LUZ E SOMBRA do Livro Morangos Mofados de Caio Fernando de Abreu

LUZ E SOMBRA:
[Deve haver alguma especie de sentido ou o que virá depois?- São coisas assim as que penso pelas tardes, parado aqui nesta janela, em frente aos intermináveis telhados de zinco onde às vezes pousam pombas, e dito desse jeito você logo imagina poéticas pombinhas esvoaçantes, arrulhantes. São cinza as pombas, e o ruido que fazem é sinistro como o de asas de morcegos. Conheço bem os morcegos, seus gritinhos agudos, estridentes. Mas não quero me apressar. Penso que se conseguir dar algum tipo de ordem nisto que vou dizendo haverá em conseqüência também algum tipo de sentido. E penso junto, ou logo depois, não sei ao certo, que após essa ordem e esse sentido deve vir alguma coisa. O que depois?- pergunto então para a tarde suja atrás dos vidros, e sinto reconfortado como se houvesse qualquer coisa feito um futuro à minha espera. Assim como se depois do chá fumasse lentamente um cigarro mentolado, olhando para longe, aquecido pelo chá, tranqüilizado pelo cigarro, enlevado pelo longe e principalmente atento ao que virá depois deste momento. Faz tempo não tomo chá, e controlo tanto os cigarros que, cada vez que acendo um, a sensação é de culpa, não de prazer, você me entende? Não, você não me entende. Sei que você não me entende porque não estou conseguindo ser suficientemente claro, e por não ser suficientemente claro, além de você não me entender, não conseguirei dar ordem a nada disto. Portanto não haverá sentido, portanto não haverá depois. Antes que me faça entender, se é que conseguirei, queria pelo menos que você compreendesse antes, antes de qualquer palavra, apague tudo, faz de conta que começamos agora, neste segundo, e nesta próxima frase que direi. Assim: é um terrível esforço para mim. Se permanecer aqui, parado nesta janela, estou certo que acontecerá alguma cosa grave- e quando digo grave quero dizer morte, loucura, que parecem leves assim ditas. Preciso de algo que me tire desta janela e logo após, ainda, do depois. Querer um sentido me leva a querer um depois, os dois vêm juntos, se é que você me entende...] 
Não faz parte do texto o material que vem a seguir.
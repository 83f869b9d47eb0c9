-- ===== src/Store/Integration/Steps.antt =====
-- internal/store/integration.go and control.go: publications and cancellations in any order. A step
-- is a transaction, with what its caller read before it.
use mar.Prelude.{
  ℕ, ◌≡◌, refl, inl, inr, Bool, true, false, not, [], Option, none, some, Option-cases, ◌==◌, arith,
  Distinct,
}
use mar.Sql.{count_where}
use mar.Domain.Task.{TaskState, state_eq, cancelled, verified, blocked, complete, integrating}
use mar.Domain.Control.{TaskControl, ControlKind, cancel}
use mar.Domain.Integration.{
  IntegrationStatus, prepared, dispatched, integration_complete, integration_blocked,
  IntegrationAttempt, TaskResult,
}
use mar.Store.{
  Db, Result, Result-cases, ok, get_task_row, Tx, set_state, live_attempts, state_conflict,
}
use mar.Store.Controls.{
  answer_or, existing_task_control, task_control_state, insert_task_control_tx,
}
use mar.Store.Cancellation.{
  request_task_cancellation, fresh_cancellation, revoke, cancel_task, is_past_cancelling,
  is_unstarted, is_current_running, finalize_task_cancellation, is_cancel_of,
}
use mar.Store.Revocation.{SameRows, insert_task_control_tx-SameRows, then_keep-On}
use mar.Store.Tame.{On, On-ok, On-if, task_ids}
use mar.Store.Integration.{Digests}
use mar.Store.Integration.Calls.{
  prepare_tx, acknowledge_blocked_verified_integration_retry, dispatch_tx, close_tx,
  block_verified_tx,
}
use mar.Store.Integration.Places.{state_of, Published, Moves, is_pending, fits}
use mar.Store.Integration.Moves.{Named, task-Published, idle_fits}
use mar.Store.Integration.Kept.{
  prepare_tx-Published, acknowledge-Published, dispatch_tx-Published, close_tx-Published,
  block_verified_tx-Published, one_task-Published, elsewhere-Published, is_idle, idle_ended,
}

abbrev pub is_integrating : Option TaskState → Bool
is_integrating none = false
is_integrating (some s) = state_eq s integrating

-- FinalizeTaskCancellation does not ask whether the task is INTEGRATING, as RequestTaskCancellation
-- does; `finishes` is a call of it on a task that is not.
-- `elsewhere` is whatever changes neither tasks nor publications, and `moves` any other change of
-- one task's state, from one that is not READY_TO_INTEGRATE, INTEGRATING or CANCELLED.
pub data Step (d : Digests) (digest : TaskControl → Option ℕ) (db db' : Db) : Type 0 where
  prepares :
      (fit : TaskResult → Bool) (seed a : IntegrationAttempt) (now : ℕ)
      → prepare_tx d verified fit seed now db ≡ ok (a, db')
      → Step d digest db db'
  prepares_blocked :
      (fit : TaskResult → Bool) (seed a : IntegrationAttempt) (now : ℕ)
      → prepare_tx d blocked fit seed now db ≡ ok (a, db')
      → Step d digest db db'
  acknowledges :
      (task result version now : ℕ)
      → acknowledge_blocked_verified_integration_retry d task result version now db ≡ ok (tt, db')
      → Step d digest db db'
  dispatches :
      (a : IntegrationAttempt) (hash now : ℕ)
      → Named a db
      → dispatch_tx d a hash now db ≡ ok (tt, db')
      → Step d digest db db'
  applies :
      (a : IntegrationAttempt) (latest result r : TaskResult) (head now : ℕ)
      → Named a db
      → close_tx d a dispatched integration_complete latest result head 0 now complete db
        ≡ ok (r, db')
      → Step d digest db db'
  blocks :
      (a : IntegrationAttempt) (latest result r : TaskResult) (head reason now : ℕ)
      → Named a db
      → is_pending a.status ≡ true
      → close_tx d a a.status integration_blocked latest result head reason now blocked db
        ≡ ok (r, db')
      → Step d digest db db'
  blocks_verified :
      (task : ℕ) (latest result r : TaskResult) (now : ℕ)
      → block_verified_tx d task latest result now db ≡ ok (r, db')
      → Step d digest db db'
  cancels :
      (control task key payload now : ℕ) (c : TaskControl × Bool)
      → request_task_cancellation digest control task key payload now db ≡ ok (c, db')
      → Step d digest db db'
  finishes :
      (task now : ℕ)
      → is_integrating (state_of task db.tasks) ≡ false
      → finalize_task_cancellation task now db ≡ ok (tt, db')
      → Step d digest db db'
  moves :
      (task : ℕ) (from to : TaskState)
      → is_idle from ≡ true
      → Moves task from to db.tasks db'.tasks
      → db'.integrations ≡ db.integrations
      → Step d digest db db'
  elsewhere : db'.tasks ≡ db.tasks → db'.integrations ≡ db.integrations → Step d digest db db'

pub data Reach (d : Digests) (digest : TaskControl → Option ℕ) (db : Db) : Db → Type 0 where
  here : Reach d digest db db
  next : {s t : Db} → Reach d digest db s → Step d digest s t → Reach d digest db t

-- A task that may be cancelled has no DISPATCHED attempt.
cancelling_safe :
    (state : TaskState) (s : IntegrationStatus)
    → is_past_cancelling state ≡ false
    → fits (some state) s ≡ true
    → fits (some cancelled) s ≡ true
unfolding state_eq
cancelling_safe state prepared h e = refl
cancelling_safe state dispatched h e = ground arith
cancelling_safe state integration_complete h e = refl
cancelling_safe state integration_blocked h e = refl

cancel_task-Published :
    (task : ℕ) (state : TaskState) (now : ℕ) (db : Db)
    → is_past_cancelling state ≡ false
    → Published db
    → On (λ _ db'. Published db') (cancel_task task state now db)
cancel_task-Published task state now db h p =
    one_task-Published (set_state cancelled now) task state cancelled state_conflict db
      (λ t. (refl, λ _. refl)) (λ s. cancelling_safe state s h) p

revoke-Published :
    (task : ℕ) (s : TaskState × ℕ) (now : ℕ) (db : Db)
    → is_past_cancelling s.0 ≡ false
    → Published db
    → On (λ _ db'. Published db') (revoke task s now db)
unfolding revoke
revoke-Published task (state, epoch) now db h p =
    let P = λ (_ : Unit {0}) (db' : Db). Published db' in
    let cancels_it = cancel_task-Published task state now db h p in
    On-if P (is_unstarted state) _ _ (λ _. cancels_it)
      λ _.
        On-if P (not (count_where (is_current_running task epoch) db.attempts == 0)) _ _
          (λ _. elsewhere-Published db _ refl refl p)
          λ _. On-if P (live_attempts task db.attempts == 0) _ _ (λ _. cancels_it) (λ _. p)

-- A call that answers an existing control, or runs `fresh`.
answer_or-Published :
    (digest : TaskControl → Option ℕ) (task key : ℕ) (kind : ControlKind) (payload : ℕ)
    (fresh : TaskState × ℕ → Tx TaskControl) (db : Db)
    → ((s : TaskState × ℕ) → On (λ _ db'. Published db') (fresh s db))
    → Published db
    → On (λ _ db'. Published db') (answer_or digest task key kind payload fresh db)
answer_or-Published digest task key kind payload fresh db h p =
    elim (Result-cases (existing_task_control digest task key kind payload db)) [
      | inl (x, e) ↦ rw (e, On) tt
      | inr (some c, e) ↦ rw (e, On) p
      | inr (none, e) ↦ elim (Result-cases (task_control_state task db)) [
        | inl (x, y) ↦ rw (e, y, On) tt
        | inr (s, y) ↦ elim (Result-cases (fresh s db)) [
          | inl (x, z) ↦ rw (e, y, z, On) tt
          | inr ((c, db'), z) ↦ rw (e, y, z, On) (On-ok (λ _ d. Published d) _ (h s) z)
        ]
      ]
    ]

request_task_cancellation-Published :
    (digest : TaskControl → Option ℕ) (control task key payload now : ℕ) (db : Db)
    → Published db
    → On (λ _ db'. Published db') (request_task_cancellation digest control task key payload now db)
unfolding request_task_cancellation
request_task_cancellation-Published digest control task key payload now db p =
    answer_or-Published digest task key cancel payload
      (fresh_cancellation digest control task key payload now) db
      (λ s.
        On-if (λ _ db'. Published db') (is_past_cancelling s.0) _ _ (λ _. tt)
          λ open_yet.
            then_keep-On (SameRows db) Published
              (insert_task_control_tx digest control task key cancel payload now)
              (revoke task s now) db
              (insert_task_control_tx-SameRows digest control task key cancel payload now db)
              λ db' same.
                revoke-Published task s now db' open_yet
                  (elsewhere-Published db db' same.0 same.2 p))
      p

-- A task that is not INTEGRATING has no DISPATCHED attempt.
finishing_safe :
    (state : TaskState) (s : IntegrationStatus)
    → state_eq state integrating ≡ false
    → fits (some state) s ≡ true
    → fits (some cancelled) s ≡ true
unfolding state_eq
finishing_safe state prepared h e = refl
finishing_safe state dispatched h e = cc
finishing_safe state integration_complete h e = refl
finishing_safe state integration_blocked h e = refl

finalize_task_cancellation-Published :
    (task now : ℕ) (db : Db)
    → is_integrating (state_of task db.tasks) ≡ false
    → Published db
    → On (λ _ db'. Published db') (finalize_task_cancellation task now db)
unfolding finalize_task_cancellation state_of
finalize_task_cancellation-Published task now db h p =
    let P = λ (_ : Unit {0}) (db' : Db). Published db' in
    elim (Option-cases (get_task_row task db)) [
      | inl e ↦ rw (e, On, finalize_task_cancellation) tt
      | inr (t, e) ↦
          let h' = rw (e, state_of) at h in
          rw (e, On, finalize_task_cancellation)
            (On-if P (state_eq t.state cancelled) _ _ (λ _. p)
              λ _.
                On-if P (count_where (is_cancel_of task) db.controls == 0) _ _ (λ _. tt)
                  λ _.
                    On-if P (not (live_attempts task db.attempts == 0)) _ _ (λ _. tt)
                      λ _.
                        one_task-Published (set_state cancelled now) task t.state cancelled
                          state_conflict db (λ x. (refl, λ _. refl))
                          (λ s. finishing_safe t.state s h') p)
    ]

-- A step to `db'` from what holds of every answer of its transaction.
answered {ℓ} :
    {A : Type ℓ} (r : Result (A × Db)) {a : A} {db : Db}
    → r ≡ ok (a, db)
    → On (λ _ d. Published d) r
    → Published db
answered r e h = On-ok (λ _ d. Published d) r h e

-- Every step keeps publications and their tasks together.
pub Step-Published :
    (d : Digests) (digest : TaskControl → Option ℕ) (db db' : Db)
    → Step d digest db db'
    → Published db
    → Published db'
unfolding is_idle state_eq
Step-Published d digest db db' (prepares fit seed a now e) p =
    answered _ e
      (prepare_tx-Published d verified fit seed now db (λ s. idle_ended verified s refl) p)
Step-Published d digest db db' (prepares_blocked fit seed a now e) p =
    answered _ e (prepare_tx-Published d blocked fit seed now db (λ s. idle_ended blocked s refl) p)
Step-Published d digest db db' (acknowledges task result version now e) p =
    answered _ e (acknowledge-Published d task result version now db p)
Step-Published d digest db db' (dispatches a hash now n e) p =
    answered _ e (dispatch_tx-Published d a hash now db n p)
Step-Published d digest db db' (applies a latest result r head now n e) p = answered _ e (
    close_tx-Published d a dispatched integration_complete latest result head 0 now complete db refl
      (λ s. refl) n p)
Step-Published d digest db db' (blocks a latest result r head reason now n live e) p =
    answered _ e (
      close_tx-Published d a a.status integration_blocked latest result head reason now blocked db
        live (λ s. refl) n p)
Step-Published d digest db db' (blocks_verified task latest result r now e) p =
    answered _ e (block_verified_tx-Published d task latest result now db p)
Step-Published d digest db db' (cancels control task key payload now c e) p =
    answered _ e (request_task_cancellation-Published digest control task key payload now db p)
Step-Published d digest db db' (finishes task now open_yet e) p =
    answered _ e (finalize_task_cancellation-Published task now db open_yet p)
Step-Published d digest db db' (moves task from to idle m i) p =
    elsewhere-Published (record db { tasks = db'.tasks }) db' refl i
      (task-Published task from to db db'.tasks
        (λ s h. idle_fits (some to) s (idle_ended from s idle h)) m p)
Step-Published d digest db db' (elsewhere t i) p = elsewhere-Published db db' t i p

pub Reach-keeps :
    (d : Digests) (digest : TaskControl → Option ℕ) (db db' : Db)
    → Reach d digest db db'
    → Published db
    → Published db'
Reach-keeps d digest db db' here p = p
Reach-keeps d digest db db' (next {s = s} r st) p =
    Step-Published d digest s db' st (Reach-keeps d digest db s r p)

-- From a store without publications, whose tasks have unique keys, every order of the steps leads to
-- a store in which a PREPARED attempt belongs to a
-- task that is READY_TO_INTEGRATE or CANCELLED, a DISPATCHED one to a task that is INTEGRATING, and
-- a task has one attempt at most that has not ended. The steps are the transactions of publications,
-- requests of cancellations, FinalizeTaskCancellation on a task that is not INTEGRATING, and moves of
-- a task from a state that is not READY_TO_INTEGRATE, INTEGRATING or CANCELLED.
pub Reach-Published :
    (d : Digests) (digest : TaskControl → Option ℕ) (db db' : Db)
    → Distinct (task_ids db.tasks)
    → db.integrations ≡ []
    → Reach d digest db db'
    → Published db'
unfolding count_where
Reach-Published d digest db db' keys none_yet r = Reach-keeps d digest db db' r (record {
  keys = keys;
  ids = λ k. rw none_yet (omega arith);
  single = λ t. rw none_yet (omega arith);
  placed = rw none_yet tt;
})
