-- Whatever publications and cancellations are called, and in what order, from a store without
-- publications whose tasks have unique keys: once an attempt is DISPATCHED, its task is INTEGRATING,
-- so a cancelled task is not published, provided that FinalizeTaskCancellation, which does not check
-- for it, is not called on a task that is INTEGRATING.
pub run-dispatched :
    (d : Digests) (digest : TaskControl → Option ℕ) (db : Db) (cs : List Call) (id : ℕ)
    (a : IntegrationAttempt)
    → Distinct (task_ids db.tasks)
    → db.integrations ≡ []
    → AllTimely d digest db cs
    → find_where (by_integration id) (run d digest db cs).integrations ≡ some a
    → a.status ≡ dispatched
    → state_of a.task_id (run d digest db cs).tasks ≡ some integrating
run-dispatched d digest db cs id a keys none_yet timely found status =
    let p =
      run-Published d digest db cs timely (Reach-Published d digest db db keys none_yet here) in
    let h = All-found _ (by_integration id) (run d digest db cs).integrations a p.placed found in
    fits_dispatched _
      (subst (λ s. fits (state_of a.task_id (run d digest db cs).tasks) s ≡ true) status h)
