-- ===== src/Store/Integration/Unguarded.antt =====
-- internal/store/control.go: what FinalizeTaskCancellation does to a task that is being integrated.
use mar.Prelude.{ℕ, ◌≡◌, refl, subst, true, false, some, ◌==◌, arith, inl, inr, Option-cases, List}
use mar.Sql.{find_where, find_where-holds, count_where, update_where}
use mar.Sql.Keys.{count_of_key}
use mar.Domain.Task.{Task, state_eq, state_eq_iff, integrating, cancelled}
use mar.Domain.Integration.{IntegrationAttempt, dispatched}
use mar.Store.{Db, ok, live_attempts, set_state, by_id, get_task_row}
use mar.Store.Cancellation.{finalize_task_cancellation, is_cancel_of}
use mar.Store.Integration.{by_integration, at_state}
use mar.Store.Integration.Places.{Published, fits, state_of, state_of-moved}
use mar.Store.Integration.Runs.{All-found, fits_dispatched}

integrating_row :
    (task : ℕ) (db : Db)
    → state_of task db.tasks ≡ some integrating
    → (t : Task) × (get_task_row task db ≡ some t) × (t.state ≡ integrating)
unfolding state_of
integrating_row task db h = elim (Option-cases (get_task_row task db)) [
  | inl e ↦ let h' = rw (e, state_of) at h in cc
  | inr (t, e) ↦ let h' = rw (e, state_of) at h in (t, e, cc)
]

finalize_task_cancellation-runs :
    (task now : ℕ) (t : Task) (db : Db)
    → get_task_row task db ≡ some t
    → t.state ≡ integrating
    → (count_where (is_cancel_of task) db.controls == 0) ≡ false
    → live_attempts task db.attempts ≡ 0
    → count_where (at_state task integrating) db.tasks ≡ 1
    → finalize_task_cancellation task now db
      ≡ ok (
        tt,
        record db {
          tasks = update_where (at_state task integrating) (set_state cancelled now) db.tasks;
        },
      )
unfolding finalize_task_cancellation state_eq
finalize_task_cancellation-runs task now t db row at asked dead one =
    rw (row, finalize_task_cancellation, at, asked, dead, one) refl

fits_dispatched-cancelled :
    (a : IntegrationAttempt) (ts : List Task)
    → a.status ≡ dispatched
    → state_of a.task_id ts ≡ some cancelled
    → ¬ (fits (state_of a.task_id ts) a.status ≡ true)
unfolding state_eq
fits_dispatched-cancelled a ts status lost h =
    let h' = rw (lost, status) at h in absurd (ground arith)

-- Where publications and tasks stand together and the attempt is DISPATCHED: if the task has a
-- CANCEL control and no attempt that may still change it, FinalizeTaskCancellation makes the task
-- CANCELLED and leaves the publications as they are, so that publications and tasks do not stand
-- together any more: the DISPATCHED one has lost its task.
pub finalize_task_cancellation_unguarded :
    (id now : ℕ) (a : IntegrationAttempt) (db : Db)
    → Published db
    → find_where (by_integration id) db.integrations ≡ some a
    → a.status ≡ dispatched
    → (count_where (is_cancel_of a.task_id) db.controls == 0) ≡ false
    → live_attempts a.task_id db.attempts ≡ 0
    → (db' : Db) × (finalize_task_cancellation a.task_id now db ≡ ok (tt, db'))
      × (state_of a.task_id db'.tasks ≡ some cancelled)
      × (db'.integrations ≡ db.integrations)
      × ¬ (Published db')
finalize_task_cancellation_unguarded id now a db p found status asked dead =
    let h = All-found _ (by_integration id) db.integrations a p.placed found in
    let there =
      fits_dispatched _ (subst (λ s. fits (state_of a.task_id db.tasks) s ≡ true) status h) in
    let (t, row, at) = integrating_row a.task_id db there in
    let hit = at_state a.task_id integrating in
    let holds : hit t ≡ true =
      let mine = find_where-holds (by_id a.task_id) db.tasks t row in
      let same = (state_eq_iff t.state integrating).1 at in rw (mine, same) refl in
    let one =
      count_of_key (λ (x : Task). x.id) a.task_id hit (by_id a.task_id) db.tasks t
        (λ x y. ground arith) (λ x y. ground arith) p.keys row holds in
    let lost =
      state_of-moved hit (set_state cancelled now) a.task_id db.tasks t (λ x. refl) row holds in
    (
      _,
      finalize_task_cancellation-runs a.task_id now t db row at asked dead one,
      lost,
      refl,
      λ q.
          fits_dispatched-cancelled a _ status lost
            (All-found _ (by_integration id) db.integrations a q.placed found),
    )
Por que postei este pedaço do texto de Caio Fernando de Abreu as seis horas da manhã? Não sei a o certo!...talvez por identificação e porque perdi o sono. Por causa da janela como pano de fundo descrito no texto e coincidentemente algumas vezes tento ver o meu mundo através de uma delas? Obter minhas respostas? Pelas pombas cinzas sobre os telhados que também arrulham sobre as casas vizinhas daqui?... Infinitos telhados, a duvida sobre o sentido das coisas, e a compreensão do fluxo quem sabe monótono ou apressado da vida, do nosso interior, a ânsia de se compreender e ter respostas a tudo isto? Algo neste texto descreve pontos que me são pessoais, particularmente especial em minha vida, em minha loucura particular, batendo em minhas duvidas, cutucando reticencias que há em mim e acredito também, em ti e que se falarmos ninguém compreende.